Nothing but the lines below between the line holding "abbrev the_answer : Answer" and the line holding "unfolding scored_result checks_of_case", inclusive, should appear in the answer, each set down exactly.

[[ Records, beginning ]]

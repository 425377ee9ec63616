-- ===== src/Evaluation/Examples.antt =====
-- A case with a question that the documents do not answer, a poll, and a run of two cases.
use stock_analyst.Shared.{
  ℕ, zero, suc, ◌*◌, ◌+◌, ◌≤◌, Text, codes, [], ◌∷◌, ◌++◌, true, false, none, some, Raises, ok,
  raised, failure, All, refl, ◌≡◌, ◌≢◌, ◌↔◌, arith,
}
use stock_analyst.Shared.Regex.{match, search_in, occurs_in, find_iter, split}
use stock_analyst.Message.{lynch_pitch}
use stock_analyst.Orchestrator.Tasks.{running, completed}
use stock_analyst.Enforcer.Patterns.{citation_pattern, sentence_break}
use stock_analyst.Enforcer.Checks.{paragraphs_of, has_digit, is_cited, sentences_of}
use stock_analyst.Enforcer.Quotes.{
  QuoteSearch, check_quotes_exist_in_rag, judge_all, judge, citations_of,
}
use stock_analyst.Enforcer.Validate.{validate}
use stock_analyst.Normalizer.{lookup}
use stock_analyst.Evaluation.{Case, CaseResult, must_start_with}
use stock_analyst.Evaluation.Checks.{
  header_pattern, token_pattern, per_question_pattern, not_fabricated_pattern, percent_pattern,
  int_from, blocks_from, question_blocks, block_of, states_missing, coverage_of,
  metric_stated_as_number, token_check, item_check, concat_map, prefix_checks, question_checks,
  phrase_checks, citation_checks, count_checks, run_checks, outcome,
}
use stock_analyst.Evaluation.Polling.{
  Answer, TaskView, poll_from, poll_task, poll_timeout, poll_task-Ends, Polled,
}
use stock_analyst.Evaluation.Cases.{
  Manifest, EvalClient, Scores, resolve_coverage_id, dispatch_of, answer_of, execute_case,
  score_hallucinations, checks_of_case, scored_result, run_case, run_all,
}
use stock_analyst.Evaluation.Accepts.{IsAccepted}
use stock_analyst.Evaluation.Passes.{IsAnswered, run_case-passed}
use stock_analyst.Evaluation.Report.{exit_code, pass_rate, HasPassed, exit_code-run_all}

-- The answer asserts no margin, and says of question 1 what it has to say.
abbrev answer_text : Text
answer_text = codes "### Q1: Moat" ++ (10 ∷ codes "Not found in uploaded documents.")

abbrev question_case : Case
question_case = record {
  test_id = codes "LP-001";
  name = codes "missing";
  coverage_label = codes "NEWCO";
  industry_name = none;
  new_document = none;
  max_hallucinations = none;
  must_start_with = some (codes "###");
  skip_citation_checks = false;
  must_answer_questions = 1 ∷ [];
  must_contain_not_found = codes "Q1" ∷ codes "moat" ∷ [];
  items = (codes "test_id", true) ∷ (codes "must_not_state_net_margin", true) ∷ [];
  must_not_contain = [];
  must_contain_all = codes "MOAT" ∷ [];
  must_contain_sections = [];
  must_contain_any = [];
  must_contain_regex = none;
  must_cite_sections = none;
  min_citation_coverage = some 0;
  max_word_count = some 10;
  min_word_count = some 8;
  all_citations_must_match_regex = none;
  min_kpis_upserted = none;
}

abbrev view : TaskView
view = record {
  status = completed;
  result = some (record { content = answer_text; llm_used = none; tokens_used = 7 });
}

abbrev waiting : TaskView
waiting = record { status = running; result = none }

-- The second read of a task finds it completed.
abbrev reply : ℕ → Raises TaskView
reply zero = ok waiting
reply (suc n) = ok view

abbrev ticking : ℕ → ℕ
ticking n = 5 + 2000 * n

abbrev client : EvalClient
client = record {
  post = λ coverage body. ok (codes "t");
  get = λ task n. reply n;
  started = λ task. 5;
  clock = λ task n. ticking n;
}

abbrev manifest : Manifest
manifest = record {
  tenant_id = codes "a";
  coverages = (codes "NEWCO", record { coverage_id = codes "c"; documents = [] }) ∷ [];
}

abbrev search : Text → Text → QuoteSearch
search tenant coverage = record {
  Chunk = Unit;
  exact = λ q. raised failure;
  semantic = λ q. raised failure;
}

abbrev run_one : Case → Raises CaseResult
run_one = run_case lynch_pitch manifest client search (λ c. 2000)

abbrev the_answer : Answer
the_answer = record { content = answer_text; llm_used = none; tokens_used = 7 }

abbrev the_scores : Scores
the_scores = record { hallucinations = 0; paraphrases = 0; citations = 0 }

abbrev question_result : CaseResult
question_result = scored_result question_case 2000 the_answer the_scores

polls : poll_task reply ticking 5 ≡ ok view
unfolding poll_task poll_from
polls = refl

runs : run_one question_case ≡ ok question_result
unfolding run_case execute_case resolve_coverage_id dispatch_of answer_of lookup poll_task poll_from
    score_hallucinations find_iter citation_pattern
runs = refl

passes : question_result.passed ≡ true
unfolding scored_result checks_of_case run_checks prefix_checks question_checks phrase_checks
    citation_checks count_checks token_check item_check concat_map question_blocks blocks_from
    block_of states_missing int_from coverage_of metric_stated_as_number paragraphs_of has_digit
    is_cited sentences_of find_iter match occurs_in search_in split citation_pattern header_pattern
    token_pattern per_question_pattern not_fabricated_pattern percent_pattern sentence_break
passes = refl

-- A case that skips the citation checks asks nothing but its prefix: neither coverage nor sections.
skipped :
    run_checks
      (record question_case {
        skip_citation_checks = true;
        min_citation_coverage = some 95;
        must_contain_sections = codes "MOAT 9" ∷ [];
      })
      (codes "### Q2: Revenue was 5 in 2023.")
    ≡ outcome must_start_with true ∷ []
unfolding run_checks prefix_checks
skipped = refl

abbrev cited_view : TaskView
cited_view = record {
  status = completed;
  result = some (record {
    content = codes "[D, S]: " ++ (34 ∷ codes "quoted text" ++ (34 ∷ []));
    llm_used = none;
    tokens_used = 7;
  });
}

-- A search that raises while a case is scored ends the whole run.
crashes :
    run_all
      (run_case lynch_pitch manifest
        (record client { get = λ task n. ok cited_view })
        search
        (λ c. 2000))
      (question_case ∷ [])
    ≡ raised failure
unfolding run_all run_case execute_case resolve_coverage_id dispatch_of answer_of lookup poll_task
    poll_from score_hallucinations find_iter citation_pattern validate check_quotes_exist_in_rag
    judge_all judge citations_of
crashes = refl

-- With no case at all, the run does not succeed.
empty_dataset : exit_code [] ≡ 1
unfolding exit_code pass_rate
empty_dataset = refl

poll_task-Ends_example :
    (n : ℕ) × (n ≤ 151) × Polled reply ticking (5 + poll_timeout) 0 n (poll_task reply ticking 5)
poll_task-Ends_example = poll_task-Ends reply ticking 5 (omega arith) (λ i. omega arith)

run_case-passed_example : (question_result.passed ≡ true) ↔ (
    (a : Answer) × (s : Scores) × IsAnswered lynch_pitch manifest client search
      (λ c. 2000)
      question_case
      a
      s
    × IsAccepted question_case a.content s.hallucinations)
run_case-passed_example =
    run_case-passed lynch_pitch manifest client search (λ c. 2000) question_case runs

run_two :
    run_all run_one (question_case ∷ question_case ∷ [])
    ≡ ok (question_result ∷ question_result ∷ [])
unfolding run_all
run_two = rw runs refl

exit_code-run_all_example : (exit_code (question_result ∷ question_result ∷ []) ≡ 0) ↔ (
    ((question_case ∷ question_case ∷ []) ≢ [])
    × All (HasPassed run_one) (question_case ∷ question_case ∷ []))
exit_code-run_all_example = exit_code-run_all run_one (question_case ∷ question_case ∷ []) run_two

[[ Records, end ]]

▶ _Task answer_:
abbrev the_answer : Answer
the_answer = record { content = answer_text; llm_used = none; tokens_used = 7 }

abbrev the_scores : Scores
the_scores = record { hallucinations = 0; paraphrases = 0; citations = 0 }

abbrev question_result : CaseResult
question_result = scored_result question_case 2000 the_answer the_scores

polls : poll_task reply ticking 5 ≡ ok view
unfolding poll_task poll_from
polls = refl

runs : run_one question_case ≡ ok question_result
unfolding run_case execute_case resolve_coverage_id dispatch_of answer_of lookup poll_task poll_from
    score_hallucinations find_iter citation_pattern
runs = refl

passes : question_result.passed ≡ true
unfolding scored_result checks_of_case run_checks prefix_checks question_checks phrase_checks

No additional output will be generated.